The Government have thus decided to retain dedication, albeit in a rather different form. Until last year one dedicated for all time. We think it makes a more workable proposition to dedicate a forest or plantation for its lifetime. When it is felled, its successor can be considered for dedication in its turn.

In order to qualify for the grants which a dedicated woodland will earn certain new conditions must be fulfilled. To put them in their simplest form—the country must be kept beautiful and the land used well. Hardwoods take a very long time to grow, but so much are they a feature of our countryside—particularly in England and in Wales—that we want to encourage the planting of them. This is why the Government's announcement contained the news that a significantly higher grant would be paid for hardwood planting.

We want too to spread abroad the enlightened approach which both the commission and many private owners are already showing in giving the public access to their woods.
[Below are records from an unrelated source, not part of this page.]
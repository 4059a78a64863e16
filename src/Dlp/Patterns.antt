-- ===== src/Dlp/Patterns.antt =====
-- The tables of internal/compliance/handlers/security/dlp_types.go: the expressions that a payload is
-- scanned for, as they are written, with a confidence in hundredths.
use aocs_compliance_svc.Common.{ℕ, List, [], ◌∷◌}
use aocs_compliance_svc.Text.{Text, codes}

pub record PiiPattern : Type 0 where
  pub pii_type : Text
  pub regex : Text
  pub confidence : ℕ

pub record CodePattern : Type 0 where
  pub code_type : Text
  pub regex : Text
  pub language : Text
  pub confidence : ℕ

unfoldable pub pii_patterns : List PiiPattern
pii_patterns =
    record {
      pii_type = codes "email";
      regex = codes "[a-zA-Z0-9._%+\\-]+@[a-zA-Z0-9.\\-]+\\.[a-zA-Z]{2,}";
      confidence = 95;
    }
    ∷ record {
      pii_type = codes "phone_us";
      regex = codes "(?:\\+1[-.\\s]?)?\\(?[2-9]\\d{2}\\)?[-.\\s]?\\d{3}[-.\\s]?\\d{4}";
      confidence = 85;
    }
    ∷ record {
      pii_type = codes "ssn";
      regex = codes "\\b\\d{3}[-.\\s]?\\d{2}[-.\\s]?\\d{4}\\b";
      confidence = 90;
    }
    ∷ record {
      pii_type = codes "credit_card";
      regex =
          codes
            "\\b(?:4[0-9]{12}(?:[0-9]{3})?|5[1-5][0-9]{14}|3[47][0-9]{13}|6(?:011|5[0-9]{2})[0-9]{12})\\b";
      confidence = 92;
    }
    ∷ record {
      pii_type = codes "ip_address";
      regex =
          codes
            "\\b(?:25[0-5]|2[0-4]\\d|[01]?\\d\\d?)\\.(?:25[0-5]|2[0-4]\\d|[01]?\\d\\d?)\\.(?:25[0-5]|2[0-4]\\d|[01]?\\d\\d?)\\.(?:25[0-5]|2[0-4]\\d|[01]?\\d\\d?)\\b";
      confidence = 75;
    }
    ∷ record {
      pii_type = codes "iban";
      regex = codes "\\b[A-Z]{2}\\d{2}\\s?[\\dA-Z]{4}\\s?[\\dA-Z]{4}\\s?[\\dA-Z]{4}";
      confidence = 88;
    }
    ∷ []

unfoldable pub code_patterns : List CodePattern
code_patterns =
    record {
      code_type = codes "aws_access_key";
      regex = codes "(?:AKIA|ASIA)[A-Z0-9]{16}";
      language = codes "aws";
      confidence = 98;
    }
    ∷ record {
      code_type = codes "openai_key";
      regex = codes "sk-[A-Za-z0-9]{48,}";
      language = codes "openai";
      confidence = 98;
    }
    ∷ record {
      code_type = codes "github_token";
      regex = codes "gh[pousr]_[A-Za-z0-9_]{36,}";
      language = codes "github";
      confidence = 98;
    }
    ∷ record {
      code_type = codes "private_key";
      regex = codes "-----BEGIN\\s+(?:RSA\\s+)?PRIVATE\\s+KEY-----";
      language = codes "pem";
      confidence = 99;
    }
    ∷ record {
      code_type = codes "api_key";
      regex =
          codes
            "(?i)(?:api[_-]?key|apikey|token|secret|password)\\s*[:=]\\s*['\"]?[A-Za-z0-9_\\-]{20,}['\"]?";
      language = codes "generic";
      confidence = 85;
    }
    ∷ record {
      code_type = codes "sql_query";
      regex =
          codes
            "(?i)(?:SELECT|INSERT|UPDATE|DELETE|DROP|ALTER|CREATE)\\s+(?:INTO|FROM|TABLE|DATABASE|INDEX)\\s+[\\w.'\\\"`]+";
      language = codes "sql";
      confidence = 80;
    }
    ∷ record {
      code_type = codes "connection_string";
      regex = codes "(?:postgres|mysql|mongodb|redis|amqp)://[^\\s]+:[^\\s]+@[^\\s]+";
      language = codes "connection";
      confidence = 95;
    }
    ∷ record {
      code_type = codes "jwt_token";
      regex = codes "eyJ[A-Za-z0-9_-]{10,}\\.eyJ[A-Za-z0-9_-]{10,}\\.[A-Za-z0-9_-]{10,}";
      language = codes "jwt";
      confidence = 95;
    }
    ∷ []
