-- ===== src/Dlp/Scan.antt =====
-- The scan of a payload in internal/compliance/handlers/security/data_protection.go. A payload is its
-- bytes. A confidence is in hundredths and a risk in parts of 10000, so that the rounding of float64
-- is not modelled; the reasoning and the duration of a scan are left out.
use aocs_compliance_svc.Common.{
  ℕ, ◌+◌, ◌-◌, ◌*◌, min, Bool, ◌||◌, List, [], ◌∷◌, ◌++◌, any, take, drop, length, ltb,
  if◌then◌else◌,
}
use aocs_compliance_svc.Text.{Text, codes, eq_text}
use aocs_compliance_svc.Text.Hex.{hex_encode}
use aocs_compliance_svc.Dlp.Patterns.{PiiPattern, CodePattern, pii_patterns, code_patterns}

-- What a scan takes from elsewhere: SHA-256, and Regexp.FindAllStringIndex of an expression, the
-- places of the matches as a start and an end.
pub record Services : Type 0 where
  pub sha256 : List ℕ → List ℕ
  pub find_all : Text → List ℕ → List (ℕ × ℕ)

pub record PiiDetection : Type 0 where
  pub pii_type : Text
  pub sha256_hash : Text
  pub confidence : ℕ
  pub context : List ℕ

pub record CodeDetection : Type 0 where
  pub code_type : Text
  pub snippet_hash : Text
  pub language : Text
  pub confidence : ℕ

pub record DlpScanResult : Type 0 where
  pub classification : Text
  pub pii_detections : List PiiDetection
  pub code_detections : List CodeDetection
  pub total_pii_count : ℕ
  pub total_code_count : ℕ
  pub risk_score : ℕ
  pub should_block : Bool

-- A slice of a string, between two places in it.
abbrev pub slice : List ℕ → ℕ → ℕ → List ℕ
slice text from to = take (to - from) (drop from text)

unfoldable pub redact_context : List ℕ → ℕ → ℕ → List ℕ
redact_context text start end =
    let window : ℕ = 30 in
    let ctx_start = if ltb start window then 0 else start - window in
    let ctx_end = if ltb (length text) (end + window) then length text else end + window in
    slice text ctx_start start ++ codes "[REDACTED]" ++ slice text end ctx_end

-- The hashes that were seen, the last one first.
pub record PiiState : Type 0 where
  pub seen : List Text
  pub found : List PiiDetection

pub record CodeState : Type 0 where
  pub seen : List Text
  pub found : List CodeDetection

module _ (s : Services) where
  open s use {sha256, find_all}

  unfoldable pub sha256_hash : List ℕ → Text
  sha256_hash t = hex_encode (sha256 t)

  unfoldable pub pii_match : List ℕ → PiiPattern → ℕ × ℕ → PiiState → PiiState
  pii_match payload p (start, end) st =
      let hash = sha256_hash (slice payload start end) in
      if any (eq_text hash) st.seen then st else record {
        seen = hash ∷ st.seen;
        found =
            st.found
            ++ record {
              pii_type = p.pii_type;
              sha256_hash = hash;
              confidence = p.confidence;
              context = redact_context payload start end;
            }
              ∷ [];
      }

  unfoldable pub code_match : List ℕ → CodePattern → ℕ × ℕ → CodeState → CodeState
  code_match payload c (start, end) st =
      let hash = sha256_hash (slice payload start end) in
      if any (eq_text hash) st.seen then st else record {
        seen = hash ∷ st.seen;
        found =
            st.found
            ++ record {
              code_type = c.code_type;
              snippet_hash = hash;
              language = c.language;
              confidence = c.confidence;
            }
              ∷ [];
      }

  unfoldable pub pii_matches : List ℕ → PiiPattern → List (ℕ × ℕ) → PiiState → PiiState
  pii_matches payload p [] st = st
  pii_matches payload p (loc ∷ locs) st = pii_matches payload p locs (pii_match payload p loc st)

  unfoldable pub code_matches : List ℕ → CodePattern → List (ℕ × ℕ) → CodeState → CodeState
  code_matches payload c [] st = st
  code_matches payload c (loc ∷ locs) st = code_matches payload c locs (code_match payload c loc st)

  unfoldable pub pii_scan : List ℕ → List PiiPattern → PiiState → PiiState
  pii_scan payload [] st = st
  pii_scan payload (p ∷ ps) st =
      pii_scan payload ps (pii_matches payload p (find_all p.regex payload) st)

  unfoldable pub code_scan : List ℕ → List CodePattern → CodeState → CodeState
  code_scan payload [] st = st
  code_scan payload (c ∷ cs) st =
      code_scan payload cs (code_matches payload c (find_all c.regex payload) st)

-- Whether a type is a key of a map of Booleans that are all true.
unfoldable pub is_in : List Text → Text → Bool
is_in types t = any (eq_text t) types

unfoldable pub restricted : List Text
restricted = codes "ssn" ∷ codes "credit_card" ∷ codes "iban" ∷ []

unfoldable pub restricted_code : List Text
restricted_code = codes "private_key" ∷ codes "aws_access_key" ∷ codes "connection_string" ∷ []

unfoldable pub confidential : List Text
confidential = codes "email" ∷ codes "phone_us" ∷ []

unfoldable pub confidential_code : List Text
confidential_code =
    codes "api_key" ∷ codes "openai_key" ∷ codes "github_token" ∷ codes "jwt_token" ∷ []

unfoldable pub classify_detections : List PiiDetection → List CodeDetection → Text
classify_detections pii code =
    if any (λ m. is_in restricted m.pii_type) pii
    then codes "RESTRICTED"
    else if any (λ m. is_in restricted_code m.code_type) code
    then codes "RESTRICTED"
    else if any (λ m. is_in confidential m.pii_type) pii
    then codes "CONFIDENTIAL"
    else if any (λ m. is_in confidential_code m.code_type) code
    then codes "CONFIDENTIAL"
    else if any
        (λ m. eq_text m.code_type (codes "sql_query") || eq_text m.code_type (codes "source_code"))
        code
    then codes "INTERNAL"
    else codes "PUBLIC"

-- The base of a classification, 0 for one that the map lacks.
unfoldable pub base_risk : Text → ℕ
base_risk classification =
    if eq_text classification (codes "INTERNAL")
    then 3000
    else if eq_text classification (codes "CONFIDENTIAL")
    then 6000
    else if eq_text classification (codes "RESTRICTED")
    then 9000
    else 0

unfoldable pub pii_risk : List PiiDetection → ℕ → ℕ
pii_risk [] score = score
pii_risk (m ∷ pii) score = pii_risk pii (min 10000 (score + 5 * m.confidence))

unfoldable pub code_risk : List CodeDetection → ℕ → ℕ
code_risk [] score = score
code_risk (m ∷ code) score = code_risk code (min 10000 (score + 3 * m.confidence))

unfoldable pub calculate_risk : List PiiDetection → List CodeDetection → Text → ℕ
calculate_risk pii code classification = code_risk code (pii_risk pii (base_risk classification))

-- scanPayload.
unfoldable pub scan_payload : Services → List ℕ → DlpScanResult
scan_payload s payload =
    let pii = pii_scan s payload pii_patterns (record { seen = []; found = [] }) in
    let code = code_scan s payload code_patterns (record { seen = pii.seen; found = [] }) in
    let classification = classify_detections pii.found code.found in
    record {
      classification = classification;
      pii_detections = pii.found;
      code_detections = code.found;
      total_pii_count = length pii.found;
      total_code_count = length code.found;
      risk_score = calculate_risk pii.found code.found classification;
      should_block = eq_text classification (codes "RESTRICTED");
    }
This is where the Ramblers' Association comes in. Camping sites and woodland trails in private woods in Westmorland and further north; log cabins put by the Forestry Commission by the side of Loch Lubnaig on the way from Doon to the West of Scotland—all this enables the people of this densely populated island to appreciate forestry and the value it has for the country.
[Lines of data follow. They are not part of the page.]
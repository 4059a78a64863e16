-- ===== src/Dlp/Classes.antt =====
-- The classification of internal/compliance/handlers/security/data_protection.go against the highest
-- level of a detection.
use aocs_compliance_svc.Common.{
  ℕ, ◌≡◌, refl, Bool, ◌||◌, List, [], ◌∷◌, any, ltb, ◌==◌, ◌≤◌, if◌then◌else◌, arith,
}
use aocs_compliance_svc.Text.{Text, codes, eq_text}
use aocs_compliance_svc.Dlp.Scan.{
  Services, PiiDetection, CodeDetection, is_in, restricted, restricted_code, confidential,
  confidential_code, classify_detections, scan_payload,
}

-- The levels, from 0: public, internal, confidential and restricted.
unfoldable pub pii_level : PiiDetection → ℕ
pii_level m =
    if is_in restricted m.pii_type then 3 else if is_in confidential m.pii_type then 2 else 0

unfoldable pub is_internal : CodeDetection → Bool
is_internal m = eq_text m.code_type (codes "sql_query") || eq_text m.code_type (codes "source_code")

unfoldable pub code_level : CodeDetection → ℕ
code_level m =
    if is_in restricted_code m.code_type
    then 3
    else if is_in confidential_code m.code_type
    then 2
    else if is_internal m
    then 1
    else 0

abbrev pub higher : ℕ → ℕ → ℕ
higher a b = if ltb a b then b else a

unfoldable pub highest : {A : Type 0} → (A → ℕ) → List A → ℕ
highest level [] = 0
highest level (x ∷ xs) = higher (level x) (highest level xs)

unfoldable pub level_name : ℕ → Text
level_name n =
    if ltb 2 n
    then codes "RESTRICTED"
    else if ltb 1 n
    then codes "CONFIDENTIAL"
    else if ltb 0 n
    then codes "INTERNAL"
    else codes "PUBLIC"

highest-pii :
    (pii : List PiiDetection)
    → highest pii_level pii ≡ (
        if any (λ m. is_in restricted m.pii_type) pii
        then 3
        else if any (λ m. is_in confidential m.pii_type) pii
        then 2
        else 0)
unfolding highest pii_level
highest-pii [] = refl
highest-pii (m ∷ pii) = ground (arith, highest-pii pii)

highest-code :
    (code : List CodeDetection)
    → highest code_level code ≡ (
        if any (λ m. is_in restricted_code m.code_type) code
        then 3
        else if any (λ m. is_in confidential_code m.code_type) code
        then 2
        else if any is_internal code
        then 1
        else 0)
unfolding highest code_level
highest-code [] = refl
highest-code (m ∷ code) = ground (arith, highest-code code)

classify_detections-highest :
    (pii : List PiiDetection) (code : List CodeDetection)
    → classify_detections pii code
      ≡ level_name (higher (highest pii_level pii) (highest code_level code))
unfolding classify_detections level_name is_internal
classify_detections-highest pii code = ground (arith, highest-pii pii, highest-code code)

level_name-block : (n : ℕ) → n ≤ 3 → eq_text (level_name n) (codes "RESTRICTED") ≡ (n == 3)
unfolding level_name eq_text
level_name-block n h = ground (arith, h)

-- The classification of a scan is the name of the highest level of its detections of either kind,
-- PUBLIC where there is none, and the payload is to be blocked exactly where that level is the one
-- of restricted data.
pub scan_payload-highest :
    (s : Services) (payload : List ℕ)
    → let r = scan_payload s payload in
      let level =
        higher (highest pii_level r.pii_detections) (highest code_level r.code_detections) in
      (r.classification ≡ level_name level) × (r.should_block ≡ (level == 3))
unfolding scan_payload
scan_payload-highest s payload =
    let r = scan_payload s payload in
    let named = classify_detections-highest r.pii_detections r.code_detections in
    let pii = highest-pii r.pii_detections in
    let code = highest-code r.code_detections in
    (named, rw named (level_name-block _ (ground (arith, pii, code))))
This, I am afraid, takes me on to my hobbyhorse. We are, as I have just said, one of the most densely populated countries in the world. Moreover, the population continues to increase, while the motorways and the housing schemes remove land at a rate of between 50,000 and 60,000 acres a year. We cannot therefore afford to see land used other than to really good effect.

Hill farming, on land where many of the trees are likely to be planted, must be in good heart, and if hill farming is in the dumps, as it was not long ago, vast areas of conifers will be planted in a way which does not use land to the best effect.

There are those who always have looked and always will look upon forestry and farming as being in competition with one another. They are, I am afraid, so wrong—and so blind. No one who is interested in this subject and who has passed by that high, high town of Tomintoul in Banffshire can fail to have noticed and be impressed by the way in which the Forestry Commission has planted its forests in Glenlivit, to the enormous benefit to those whose farms are adjacent to them. The same can be said of a private estate near Fort William, where what used to be poor stock-carrying land has been improved, thanks to the shelter given by well-placed woods, many times over. My own farm on the northern slopes of the Lammermuirs, which, like every other farm, is the most difficult farm in the country, would be a hard, windswept place without the 120 acres of plantations which guard its 600 acres from the winds that sweep in from the Bass Rock in the North Sea or storm down across Soutra Hills.

So foresters, farmers and those who have an eye for the landscape must get together. They will do so on the Forestry Commission's regional advisory committees, which are to be reconstituted, so as to bring together forestry, agricultural, amenity and planning interests with a new mandate both to discern the broad area strategy for rural land use and to advise on cases of doubt in the administration of grants to private woodland owners.

In this way, for the first time, the Forestry Commission will have at its elbow a network of expert and representative groups which can help to reconcile the demands which agriculture, forestry and amenity are making—and will continue to make—upon our diminishing reservoir of rural land.

It is a long time since many words have been spoken on forestry in the House. I again thank my hon. Friend for giving me the opportunity of putting some of my thoughts on record. I note the points that he made with such clarity about the need for expansion and will certainly draw them to the attention of my right hon. Friend.

Question put and agreed to.

Adjourned accordingly at nineteen minutes to Three o'clock.